> Assignment
Read the lines below. Copy out any that hold the string "protostar".

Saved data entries

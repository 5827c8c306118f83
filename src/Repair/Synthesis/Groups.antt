-- ===== src/Repair/Synthesis/Groups.antt =====
-- The grouping loops against plain filters over the findings and the critiques.
use protostar.Base.{
  ◌≡◌, refl, sym, ap, ◌∙◌, inl, inr, String, Bool, false, ◌&&◌, List, [], ◌∷◌, ◌++◌, Option, none,
  some, ◌==◌, eq_iff, eq_refl, append-nil, append_assoc, Dict, get, get-put, or_else, is_empty,
  Bool-cases, if◌then◌else◌,
}
use protostar.Repair.Synthesis.{
  empty_group, push_mechanical, push_model, group_finding, Group, RepairTask, repair_of,
  group_findings, group_refs, group_critiques,
}

abbrev pub names : Option String → String → Bool
names none id = false
names (some k) id = k == id

module _ {F C : Type 0} (repair_task_id : F → Option String) (task_refs : C → List String) where
  -- The findings that name the task, in their order.
  abbrev pub findings_for : String → List F → List F
  findings_for id [] = []
  findings_for id (f ∷ fs) =
      if names (repair_task_id f) id then f ∷ findings_for id fs else findings_for id fs

  -- A critique, once for each of its references to the task.
  abbrev pub times : String → C → List String → List C
  times id c [] = []
  times id c (k ∷ ks) = if k == id then c ∷ times id c ks else times id c ks

  abbrev pub critiques_for : String → List C → List C
  critiques_for id [] = []
  critiques_for id (c ∷ cs) = times id c (task_refs c) ++ critiques_for id cs

  -- What the plan says of a task: nothing, if nobody named it.
  abbrev pub repair_for : List F → List C → String → List (RepairTask F C)
  repair_for fs cs id =
      let found = findings_for id fs in
      let said = critiques_for id cs in
      if is_empty found && is_empty said
      then []
      else record {
        plan_task_id = id;
        mechanical_critiques = found;
        model_critiques = if is_empty said then none else some said;
      }
        ∷ []

  abbrev pub repairs_for : List F → List C → List String → List (RepairTask F C)
  repairs_for fs cs [] = []
  repairs_for fs cs (id ∷ ids) = repair_for fs cs id ++ repairs_for fs cs ids

  abbrev pub push_f : Option (Group F C) → F → Option (Group F C)
  push_f none f = some (record { mechanical_critiques = f ∷ []; model_critiques = [] })
  push_f (some g) f = some (record g { mechanical_critiques = g.mechanical_critiques ++ f ∷ [] })

  abbrev pub push_c : Option (Group F C) → C → Option (Group F C)
  push_c none c = some (record { mechanical_critiques = []; model_critiques = c ∷ [] })
  push_c (some g) c = some (record g { model_critiques = g.model_critiques ++ c ∷ [] })

  abbrev pub add_findings : Option (Group F C) → List F → Option (Group F C)
  add_findings o [] = o
  add_findings o (f ∷ fs) = add_findings (push_f o f) fs

  abbrev pub add_critiques : Option (Group F C) → List C → Option (Group F C)
  add_critiques o [] = o
  add_critiques o (c ∷ cs) = add_critiques (push_c o c) cs

  push_mechanical-get :
      (m : Dict (Group F C)) (k id : String) (f : F)
      → get (push_mechanical m k f) id ≡ (if k == id then push_f (get m id) f else get m id)
  push_mechanical-get m k id f = elim (Bool-cases (k == id)) [
    | inl same ↦ rw ((eq_iff k id).0 same) (here m id f)
    | inr other ↦ get-put m k id _ ∙ rw other
  ]
    where
      here :
          (m : Dict (Group F C)) (id : String) (f : F)
          → get (push_mechanical m id f) id ≡ (if id == id then push_f (get m id) f else get m id)
      here m id f = get-put m id id _ ∙ rw (eq_refl id) (by_group (get m id))
        where
          by_group :
              (o : Option (Group F C))
              → some (record (or_else o empty_group) {
                mechanical_critiques = (or_else o empty_group).mechanical_critiques ++ f ∷ [];
              })
                ≡ push_f o f
          by_group none = refl
          by_group (some g) = refl

  push_model-get :
      (m : Dict (Group F C)) (k id : String) (c : C)
      → get (push_model m k c) id ≡ (if k == id then push_c (get m id) c else get m id)
  push_model-get m k id c = elim (Bool-cases (k == id)) [
    | inl same ↦ rw ((eq_iff k id).0 same) (here m id c)
    | inr other ↦ get-put m k id _ ∙ rw other
  ]
    where
      here :
          (m : Dict (Group F C)) (id : String) (c : C)
          → get (push_model m id c) id ≡ (if id == id then push_c (get m id) c else get m id)
      here m id c = get-put m id id _ ∙ rw (eq_refl id) (by_group (get m id))
        where
          by_group :
              (o : Option (Group F C))
              → some (record (or_else o empty_group) {
                model_critiques = (or_else o empty_group).model_critiques ++ c ∷ [];
              })
                ≡ push_c o c
          by_group none = refl
          by_group (some g) = refl

  group_finding-get :
      (f : F) (o : Option String) (m : Dict (Group F C)) (id : String) (rest : List F)
      → add_findings (get (group_finding repair_task_id task_refs f o m) id) rest
        ≡ add_findings (get m id) (if names o id then f ∷ rest else rest)
  group_finding-get f none m id rest = refl
  group_finding-get f (some k) m id rest = elim (Bool-cases (k == id)) [
    | inl same ↦ rw (push_mechanical-get m k id f, same)
    | inr other ↦ rw (push_mechanical-get m k id f, other)
  ]

  pub group_findings-get :
      (fs : List F) (m : Dict (Group F C)) (id : String)
      → get (group_findings repair_task_id task_refs fs m) id
        ≡ add_findings (get m id) (findings_for id fs)
  unfolding group_findings
  group_findings-get [] m id = refl
  group_findings-get (f ∷ fs) m id =
      group_findings-get fs (group_finding repair_task_id task_refs f (repair_task_id f) m) id
      ∙ group_finding-get f (repair_task_id f) m id (findings_for id fs)

  group_refs-get :
      (c : C) (ks : List String) (m : Dict (Group F C)) (id : String)
      → get (group_refs repair_task_id task_refs c ks m) id
        ≡ add_critiques (get m id) (times id c ks)
  unfolding group_refs
  group_refs-get c [] m id = refl
  group_refs-get c (k ∷ ks) m id = elim (Bool-cases (k == id)) [
    | inl same ↦ group_refs-get c ks (push_model m k c) id ∙ rw (push_model-get m k id c, same)
    | inr other ↦ group_refs-get c ks (push_model m k c) id ∙ rw (push_model-get m k id c, other)
  ]

  add_critiques-append :
      (o : Option (Group F C)) (xs ys : List C)
      → add_critiques o (xs ++ ys) ≡ add_critiques (add_critiques o xs) ys
  add_critiques-append o [] ys = refl
  add_critiques-append o (x ∷ xs) ys = add_critiques-append (push_c o x) xs ys

  pub group_critiques-get :
      (cs : List C) (m : Dict (Group F C)) (id : String)
      → get (group_critiques repair_task_id task_refs cs m) id
        ≡ add_critiques (get m id) (critiques_for id cs)
  unfolding group_critiques
  group_critiques-get [] m id = refl
  group_critiques-get (c ∷ cs) m id =
      group_critiques-get cs (group_refs repair_task_id task_refs c (task_refs c) m) id
      ∙ ap (λ o. add_critiques o (critiques_for id cs)) (group_refs-get c (task_refs c) m id)
      ∙ sym (add_critiques-append (get m id) (times id c (task_refs c)) (critiques_for id cs))

  add_findings-some :
      (g : Group F C) (fs : List F)
      → add_findings (some g) fs
        ≡ some (record g { mechanical_critiques = g.mechanical_critiques ++ fs })
  add_findings-some g [] =
      ap (λ l. some (record g { mechanical_critiques = l })) (sym (append-nil _))
  add_findings-some g (f ∷ fs) =
      add_findings-some (record g { mechanical_critiques = g.mechanical_critiques ++ f ∷ [] }) fs
      ∙ ap (λ l. some (record g { mechanical_critiques = l }))
          (append_assoc g.mechanical_critiques (f ∷ []) fs)

  add_critiques-some :
      (g : Group F C) (cs : List C)
      → add_critiques (some g) cs ≡ some (record g { model_critiques = g.model_critiques ++ cs })
  add_critiques-some g [] = ap (λ l. some (record g { model_critiques = l })) (sym (append-nil _))
  add_critiques-some g (c ∷ cs) =
      add_critiques-some (record g { model_critiques = g.model_critiques ++ c ∷ [] }) cs
      ∙ ap (λ l. some (record g { model_critiques = l }))
          (append_assoc g.model_critiques (c ∷ []) cs)

  -- The group of a task is what was found and said of it.
  pub repair_of-add :
      (id : String) (fs : List F) (cs : List C)
      → repair_of id (add_critiques (add_findings none fs) cs) ≡ (
          if is_empty fs && is_empty cs
          then []
          else record {
            plan_task_id = id;
            mechanical_critiques = fs;
            model_critiques = if is_empty cs then none else some cs;
          }
            ∷ [])
  repair_of-add id [] [] = refl
  repair_of-add id [] (c ∷ cs) = ap (repair_of id) (add_critiques-some _ cs)
  repair_of-add id (f ∷ fs) [] = ap (repair_of id) (add_findings-some _ fs)
  repair_of-add id (f ∷ fs) (c ∷ cs) = ap (repair_of id) (
      ap (λ o. add_critiques o (c ∷ cs))
        (add_findings-some (record { mechanical_critiques = f ∷ []; model_critiques = [] }) fs)
      ∙ add_critiques-some (record { mechanical_critiques = f ∷ fs; model_critiques = [] })
          (c ∷ cs))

> Solution to the problem
use protostar.Base.{
use protostar.Repair.Synthesis.{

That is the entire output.